#### Work required
Please work out how many lines in the entries contain "closed", then give that number with nothing added.

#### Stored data
=======
-- ===== src/Filesystem/Files/Examples.antt =====
-- A volume of two entries, and the theorems at it.
use feathers.Prelude.{◌≡◌, refl, Bool, true, false, some, [], ◌∷◌, ◌++◌, arith}
use feathers.Prelude.Int.{pos}
use feathers.Prelude.Text.{Text, codes, text_eq, has_prefix}
use feathers.Filesystem.Files.{
  Volume, Reader, Calls, directory, file, write, writefile, copy, copy_suffix, split_name, stat_in,
}
use feathers.Filesystem.Files.Charges.{Charged, write-Charged}
use feathers.Filesystem.Files.Copies.{copy-Charged}

abbrev volume : Volume
volume = record {
  entries = (codes "logs", directory) ∷ (codes "a.tar.gz", file 7) ∷ [];
  fs = record {
    quota = record { limit = pos 100; usage = pos 7 };
    check_interval = 150;
    last_lookup = 0;
    lookup_in_progress = false;
  };
}

abbrev reader : Reader
reader = record { bytes = 9; fine = true }

abbrev calls : Calls
calls = record { stat = true; touch = true; chown = true }

abbrev charged : Charged volume
charged = (refl, omega arith)

-- All names can be looked up.
abbrev works : Text → Bool
works n = false

parts : split_name (codes "a.tar.gz") ≡ (codes "a", codes ".tar.gz")
unfolding split_name text_eq has_prefix
parts = refl

write-Charged_example :
    Charged (write (codes "a.tar.gz") reader (pos 4) calls volume).0
    × Charged (writefile (codes "a.tar.gz") reader calls volume).0
write-Charged_example =
    write-Charged (codes "a.tar.gz") reader (pos 4) calls volume charged (omega arith)

free_name :
    stat_in [] works volume
      ((split_name (codes "a.tar.gz")).0 ++ copy_suffix 0 ++ (split_name (codes "a.tar.gz")).1)
    ≡ some false
unfolding split_name stat_in copy_suffix text_eq has_prefix
free_name = refl

copy-Charged_example :
    Charged (copy [] (codes "a.tar.gz") (codes "now") works reader calls volume).0
copy-Charged_example =
    copy-Charged [] (codes "a.tar.gz") (codes "now") works reader calls volume 0 charged
      (omega arith) free_name (omega arith)
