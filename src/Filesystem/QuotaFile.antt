-- ===== src/Filesystem/QuotaFile.antt =====
-- server/filesystem/quota_file.go: an open file whose writes are charged to the quota.
-- What the file below answers (the offset of a seek, the bytes written and the error of a write, the
-- size at the end) is an argument of each call.
pub mod Accounting
mod Examples
use feathers.Prelude.{ℕ, Bool, true, false, not, ◌||◌, Option, none, some, ◌==◌, if◌then◌else◌}
use feathers.Prelude.Int.{ℤ, pos, negsuc, ◌+ℤ◌, ◌-ℤ◌, ltb_ℤ, leb_ℤ, max_int64, wrap64, sub64}
use feathers.Filesystem.Disk.{Filesystem, Error, disk_space, reserve_disk, adjust_disk}

-- The file system that the handle charges, and the size that is charged for the file.
pub record QuotaFile : Type 0 where
  pub fs : Filesystem
  pub size : ℤ

pub data WriteError : Type 0 where
  quota : Error → WriteError
  io : WriteError

-- What `File.Write` or `File.WriteAt` returns: the number of bytes written, and whether its error is
-- nil.
pub record Reply : Type 0 where
  pub n : ℤ
  pub fine : Bool

pub record Written : Type 0 where
  pub file : QuotaFile
  pub n : ℤ
  pub error : Option WriteError

pub quota_write_end : ℤ → ℤ → Option ℤ
unfolding wrap64 ◌+ℤ◌ ◌-ℤ◌
quota_write_end off size =
    if ltb_ℤ size (pos 0) || ltb_ℤ (wrap64 (max_int64 -ℤ size)) off
    then none
    else some (wrap64 (off +ℤ size))

abbrev io_error : Reply → Option WriteError
io_error r = if r.fine then none else some io

-- `writtenEnd` after the write: a failed `quotaWriteEnd` leaves 0.
written_end : ℤ → ℤ → Reply → ℤ
written_end previous off r =
    if ltb_ℤ (pos 0) r.n
    then (elim (quota_write_end off r.n) [ none ↦ pos 0 | some e ↦ e ])
    else previous

-- The bookkeeping behind the write: the file's size, and the part of the reservation given back.
settle : ℤ → ℤ → ℤ → QuotaFile → QuotaFile
settle previous end reached f =
    let size' = if ltb_ℤ previous reached then reached else f.size in
    let reserved = sub64 end previous in
    let actual = if ltb_ℤ previous reached then sub64 reached previous else pos 0 in
    if ltb_ℤ (pos 0) reserved
    then (if ltb_ℤ actual reserved
        then record { fs = (adjust_disk (sub64 actual reserved) f.fs).0; size = size' }
        else record { fs = f.fs; size = size' })
    else record { fs = f.fs; size = size' }

reserve : ℤ → QuotaFile → QuotaFile × Option Error
reserve growth f =
    let (fs', e) = reserve_disk growth f.fs in
    if ltb_ℤ (pos 0) growth then (record f { fs = fs' }, e) else (f, none)

-- After the reservation: a refusal, or the write and its bookkeeping.
finish : ℤ → ℤ → ℤ → Reply → QuotaFile → Option Error → Written
finish previous end off r f (some e) = record { file = f; n = pos 0; error = some (quota e) }
finish previous end off r f none = record {
  file = settle previous end (written_end previous off r) f;
  n = r.n;
  error = io_error r;
}

pub write_at_locked : ℤ → ℤ → Reply → QuotaFile → Written
write_at_locked len off r f = elim (quota_write_end off len) [
  | none ↦ record { file = f; n = pos 0; error = some (quota disk_space) }
  | some end ↦ let (f', e) = reserve (sub64 end f.size) f in finish f.size end off r f' e
]

-- A call that goes straight to the file below.
abbrev pass_through : Reply → QuotaFile → Written
pass_through r f = record { file = f; n = r.n; error = io_error r }

-- `Write` of `len` bytes; `seek` is the current offset, or none for an error.
pub write : ℕ → Option ℤ → Reply → QuotaFile → Written
write len seek r f = if len == 0 then pass_through r f else elim seek [
  | none ↦ record { file = f; n = pos 0; error = some io }
  | some off ↦ write_at_locked (pos len) off r f
]

pub write_at : ℕ → ℤ → Reply → QuotaFile → Written
write_at len off r f =
    if ltb_ℤ off (pos 0) || len == 0 then pass_through r f else write_at_locked (pos len) off r f

-- `Close`: `stat` is the file's size, or none for an error, and `closed` whether closing succeeded.
pub close : Option ℤ → Bool → QuotaFile → QuotaFile × Bool
close none closed f = (f, false)
close (some size) closed f = (record f { fs = (adjust_disk (sub64 size f.size) f.fs).0 }, closed)
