-- ===== src/Filesystem/QuotaFile/Accounting.antt =====
-- The quota stays in step with the sizes of the files that are written through quotaFile.
use Prim.Native.Nat.{max}
use feathers.Prelude.{
  ℕ, ◌+◌, ◌-◌, ◌≤◌, ◌<◌, ◌≡◌, ◌⊎◌, inl, inr, refl, Bool, Option, none, some, arith, dec_lt, ◌==◌,
  if◌then◌else◌,
}
use feathers.Prelude.Int.{ℤ, sub_ℕ, sub64, sub64_pos, pos}
use feathers.Filesystem.Disk.{Filesystem, Error, disk_space, reserve_disk, adjust_disk}
use feathers.Filesystem.Disk.Reserve.{reserve_disk_limit}
use feathers.Filesystem.QuotaFile.{
  QuotaFile, quota, io, Written, quota_write_end, reserve, settle, finish, written_end,
  write_at_locked, close,
}

-- An open file with a known charge, on a file system with a known usage.
abbrev pub handle : Filesystem → ℤ → ℕ → ℕ → QuotaFile
handle fs limit usage size = record {
  fs = record fs { quota = record { limit = limit; usage = pos usage } };
  size = pos size;
}

abbrev pub charged : Filesystem → ℤ → ℕ → Filesystem
charged fs limit usage = record fs { quota = record { limit = limit; usage = pos usage } }

-- A correction of a known usage that stays an int64 is exact, down to 0.
adjust_exact :
    (fs : Filesystem) (limit : ℤ) (u a b : ℕ)
    → a ≤ 9223372036854775807
    → b ≤ 9223372036854775807
    → u + a - b ≤ 9223372036854775807
    → u ≤ 9223372036854775807
    → (adjust_disk (sub_ℕ a b) (charged fs limit u)).0 ≡ charged fs limit (u + a - b)
unfolding adjust_disk
adjust_exact fs limit u a b ha hb h hu = elim (dec_lt a b) [
  | yes less ↦ ground arith
  | no more ↦ ground arith
]

settle_exact :
    (fs : Filesystem) (limit : ℤ) (u z e k : ℕ)
    → z ≤ e
    → k ≤ e
    → u + (e - z) ≤ 9223372036854775807
    → e ≤ 9223372036854775807
    → settle (pos z) (pos e) (pos k) (handle fs limit (u + (e - z)) z)
      ≡ handle fs limit (u + (max z k - z)) (max z k)
unfolding settle
settle_exact fs limit u z e k ze ke h he = elim (dec_lt z k) [
  | yes grown ↦ ground (
    arith,
    sub64_pos e z,
    sub64_pos k z,
    sub64_pos (k - z) (e - z),
    adjust_exact fs limit (u + (e - z)) (k - z) (e - z),
  )
  | no same ↦
      ground
        (arith, sub64_pos e z, sub64_pos 0 (e - z), adjust_exact fs limit (u + (e - z)) 0 (e - z))
]

settle_within :
    (fs : Filesystem) (limit : ℤ) (u z e k : ℕ)
    → e ≤ z
    → k ≤ z
    → z ≤ 9223372036854775807
    → settle (pos z) (pos e) (pos k) (handle fs limit u z) ≡ handle fs limit u z
unfolding settle
settle_within fs limit u z e k ez kz hz = ground (arith, sub64_pos e z)

-- The size of a file of size `z` after `k` bytes were written at `o`.
abbrev pub size_after : ℕ → ℕ → ℕ → ℕ
size_after z o k = if k == 0 then z else max z (o + k)

quota_write_end_exact :
    (o l : ℕ) → o + l ≤ 9223372036854775807 → quota_write_end (pos o) (pos l) ≡ some (pos (o + l))
unfolding quota_write_end
quota_write_end_exact o l h = ground arith

written_end_exact :
    (z o k : ℕ) (fine : Bool)
    → o + k ≤ 9223372036854775807
    → written_end (pos z) (pos o) (record { n = pos k; fine = fine })
      ≡ pos (if k == 0 then z else o + k)
unfolding written_end
written_end_exact z o k fine h = ground (arith, quota_write_end_exact o k h)

reserve-none :
    (e z : ℕ) (f : QuotaFile)
    → e ≤ z
    → z ≤ 9223372036854775807
    → reserve (sub64 (pos e) (pos z)) f ≡ (f, none)
unfolding reserve
reserve-none e z f h hz = ground (arith, sub64_pos e z)

reserve_growth :
    (e z : ℕ) (f : QuotaFile) (fs' : Filesystem) (r : Option Error)
    → z < e
    → e ≤ 9223372036854775807
    → reserve_disk (pos (e - z)) f.fs ≡ (fs', r)
    → reserve (sub64 (pos e) (pos z)) f ≡ (record f { fs = fs' }, r)
unfolding reserve
reserve_growth e z f fs' r h he q = ground (arith, sub64_pos e z)

-- What a write of `l` bytes at `o` promises, of which `k` are written, on a file of size `z`. If the
-- growth fits the limit, the handle's charge and the usage grow by the growth of the file and no
-- more; if it does not, the write fails and nothing changes.
abbrev pub Accounted : Filesystem → ℕ → ℕ → ℕ → ℕ → ℕ → ℕ → Bool → Written → Type 0
Accounted fs limit u z o l k fine w =
    let size = size_after z o k in
    ((u + (o + l - z) ≤ limit ⊎ o + l ≤ z)
      × (w ≡ record {
        file = handle fs (pos limit) (u + (size - z)) size;
        n = pos k;
        error = if fine then none else some io;
      }))
    ⊎ ((z < o + l)
        × (limit < u + (o + l - z))
        × (w ≡ record {
          file = handle fs (pos limit) u z;
          n = pos 0;
          error = some (quota disk_space);
        }))

-- The sizes are int64, there is a limit, and no more is written than was asked for.
pub record Sizes (limit u z o l k : ℕ) : Type 0 where
  pub positive : 0 < limit
  pub limit_int64 : limit ≤ 9223372036854775807
  pub usage_int64 : u ≤ 9223372036854775807
  pub size_int64 : z ≤ 9223372036854775807
  pub end_int64 : o + l ≤ 9223372036854775807
  pub no_more : k ≤ l

write_within :
    (fs : Filesystem) (limit u z o l k : ℕ) (fine : Bool)
    → Sizes limit u z o l k
    → o + l ≤ z
    → Accounted fs limit u z o l k fine (
        write_at_locked
          (pos l)
          (pos o)
          (record { n = pos k; fine = fine })
          (handle fs (pos limit) u z))
unfolding write_at_locked finish
write_within fs limit u z o l k fine s h = ground (
  arith,
  quota_write_end_exact o l s.end_int64,
  written_end_exact z o k fine,
  reserve-none (o + l) z (handle fs (pos limit) u z) h s.size_int64,
  settle_within fs (pos limit) u z (o + l) (if k == 0 then z else o + k) h,
)

reserve_fits :
    (fs : Filesystem) (limit u z e : ℕ)
    → 0 < limit
    → limit ≤ 9223372036854775807
    → z < e
    → e ≤ 9223372036854775807
    → u + (e - z) ≤ limit
    → reserve_disk (pos (e - z)) (charged fs (pos limit) u)
      ≡ (charged fs (pos limit) (u + (e - z)), none)
reserve_fits fs limit u z e p hl h he fits =
    elim (reserve_disk_limit (e - z) u limit (charged fs (pos limit) u) (omega arith) refl p
      (omega arith) (omega arith) (omega arith)) [
        | inl done ↦ done.1
        | inr over ↦ absurd (omega (arith, over.0))
      ]

reserve_over :
    (fs : Filesystem) (limit u z e : ℕ)
    → 0 < limit
    → limit ≤ 9223372036854775807
    → u ≤ 9223372036854775807
    → z < e
    → e ≤ 9223372036854775807
    → limit < u + (e - z)
    → reserve_disk (pos (e - z)) (charged fs (pos limit) u)
      ≡ (charged fs (pos limit) u, some disk_space)
reserve_over fs limit u z e p hl hu h he over =
    elim (reserve_disk_limit (e - z) u limit (charged fs (pos limit) u) (omega arith) refl p
      (omega arith) (omega arith) (omega arith)) [
        | inl done ↦ absurd (omega (arith, done.0))
        | inr refused ↦ refused.1
      ]

write_growing :
    (fs : Filesystem) (limit u z o l k : ℕ) (fine : Bool)
    → Sizes limit u z o l k
    → z < o + l
    → u + (o + l - z) ≤ limit
    → Accounted fs limit u z o l k fine (
        write_at_locked
          (pos l)
          (pos o)
          (record { n = pos k; fine = fine })
          (handle fs (pos limit) u z))
unfolding write_at_locked finish
write_growing fs limit u z o l k fine s h fits = ground (
  arith,
  quota_write_end_exact o l s.end_int64,
  written_end_exact z o k fine,
  reserve_growth (o + l) z (handle fs (pos limit) u z) (charged fs (pos limit) (u + (o + l - z)))
      none h s.end_int64
      (reserve_fits fs limit u z (o + l) s.positive s.limit_int64 h s.end_int64 fits),
  settle_exact fs (pos limit) u z (o + l) (if k == 0 then z else o + k),
)

write_refused :
    (fs : Filesystem) (limit u z o l k : ℕ) (fine : Bool)
    → Sizes limit u z o l k
    → z < o + l
    → limit < u + (o + l - z)
    → Accounted fs limit u z o l k fine (
        write_at_locked
          (pos l)
          (pos o)
          (record { n = pos k; fine = fine })
          (handle fs (pos limit) u z))
unfolding write_at_locked finish
write_refused fs limit u z o l k fine s h over = ground (
  arith,
  quota_write_end_exact o l s.end_int64,
  reserve_growth (o + l) z (handle fs (pos limit) u z) (charged fs (pos limit) u) (some disk_space)
      h s.end_int64
      (reserve_over fs limit u z (o + l) s.positive s.limit_int64 s.usage_int64 h s.end_int64 over),
)

-- Under a limit, `writeAtLocked` keeps the quota in step with the file on every branch: whether the
-- growth fits or not, however much of it the file below then writes, and with its error or without.
pub write_at_locked-Accounted :
    (fs : Filesystem) (limit u z o l k : ℕ) (fine : Bool)
    → Sizes limit u z o l k
    → Accounted fs limit u z o l k fine (
        write_at_locked
          (pos l)
          (pos o)
          (record { n = pos k; fine = fine })
          (handle fs (pos limit) u z))
write_at_locked-Accounted fs limit u z o l k fine s = elim (dec_lt z (o + l)) [
  | yes grows ↦ elim (dec_lt limit (u + (o + l - z))) [
    | yes over ↦ write_refused fs limit u z o l k fine s grows over
    | no fits ↦ write_growing fs limit u z o l k fine s grows (omega arith)
  ]
  | no within ↦ write_within fs limit u z o l k fine s (omega arith)
]

-- `Close` charges what the file's size really is: afterwards the usage counts exactly that size for
-- this file, where it counted the handle's size before.
pub close_settles :
    (fs : Filesystem) (limit : ℤ) (u z size : ℕ) (closed : Bool)
    → z ≤ u
    → u ≤ 9223372036854775807
    → size ≤ 9223372036854775807
    → u - z + size ≤ 9223372036854775807
    → close (some (pos size)) closed (handle fs limit u z)
      ≡ (record { fs = charged fs limit (u - z + size); size = pos z }, closed)
unfolding close
close_settles fs limit u z size closed hz hu hs h =
    ground (arith, sub64_pos size z, adjust_exact fs limit u size z)
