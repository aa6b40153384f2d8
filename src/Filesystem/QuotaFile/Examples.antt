-- ===== src/Filesystem/QuotaFile/Examples.antt =====
-- Runs of the disk accounting, and the theorems at them.
use feathers.Prelude.{
  ◌+◌, ◌-◌, ◌≤◌, ◌<◌, ◌≡◌, ◌⊎◌, ◌↔◌, refl, true, false, none, some, [], ◌∷◌, arith, if◌then◌else◌,
}
use feathers.Prelude.Int.{pos, ◌≤ℤ◌}
use feathers.Filesystem.Disk.{
  volume_has_headroom, Filesystem, Walk, Entry, disk_space, disk_usage, has_space_available,
  has_space_err, reserve_disk, directory_size,
}
use feathers.Filesystem.Disk.Cache.{HasReserve, volume_has_headroom_bounds, has_space_iff}
use feathers.Filesystem.Disk.Reserve.{reserve_disk_limit}
use feathers.Filesystem.QuotaFile.{QuotaFile, write_at_locked, close}
use feathers.Filesystem.QuotaFile.Accounting.{
  handle, charged, Accounted, write_at_locked-Accounted, close_settles,
}

abbrev server_files : Filesystem
server_files = record {
  quota = record { limit = pos 100; usage = pos 50 };
  check_interval = 150;
  last_lookup = 0;
  lookup_in_progress = false;
}

abbrev walked : Walk
walked = record { size = pos 80; fine = true }

has_space_iff_example :
    let a = disk_usage false 200000000000 walked server_files in
    let room = has_space_available false 200000000000 walked true server_files in
    let result = has_space_err false 200000000000 walked true server_files in
    (result.0 ≡ room.0)
    × (result.1 ≡ (if room.1 then none else some disk_space))
    × (room.1 ≡ true ↔ (true ≡ true) × ((pos 100 ≡ pos 0) ⊎ (a.size ≤ℤ pos 100)))
has_space_iff_example = has_space_iff server_files false 200000000000 walked true

-- One percent of this volume is less than 2 GiB.
volume_has_headroom_bounds_example :
    volume_has_headroom (some (10000000000, 100000000000)) ≡ true
    ↔ HasReserve (some (10000000000, 100000000000))
volume_has_headroom_bounds_example = volume_has_headroom_bounds (some (10000000000, 100000000000))

reserve_disk_limit_example :
    ((50 + 51 ≤ 100)
      × (reserve_disk (pos 51) server_files ≡ (
        record server_files { quota = record { limit = pos 100; usage = pos (50 + 51) } },
        none,
      )))
    ⊎ ((100 < 50 + 51) × (reserve_disk (pos 51) server_files ≡ (server_files, some disk_space)))
reserve_disk_limit_example =
    reserve_disk_limit 51 50 100 server_files (omega arith) refl (omega arith) (omega arith)
      (omega arith) (omega arith)

abbrev linked : Entry
linked = record { regular = true; links = 2; inode = 7; bytes = 30 }

abbrev plain : Entry
plain = record { regular = true; links = 1; inode = 8; bytes = 5 }

linked_once : directory_size (linked ∷ plain ∷ linked ∷ []) [] ≡ 35
unfolding directory_size
linked_once = refl

abbrev written_file : QuotaFile
written_file = handle server_files (pos 100) 50 20

write_at_locked-Accounted_example :
    Accounted server_files 100 50 20 15 30 10 false
      (write_at_locked (pos 30) (pos 15) (record { n = pos 10; fine = false }) written_file)
write_at_locked-Accounted_example =
    write_at_locked-Accounted server_files 100 50 20 15 30 10 false (omega arith)

close_settles_example :
    close (some (pos 25)) true written_file
    ≡ (record { fs = charged server_files (pos 100) (50 - 20 + 25); size = pos 20 }, true)
close_settles_example =
    close_settles server_files (pos 100) 50 20 25 true (omega arith) (omega arith) (omega arith)
      (omega arith)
=======
#### Answer for this exercise
7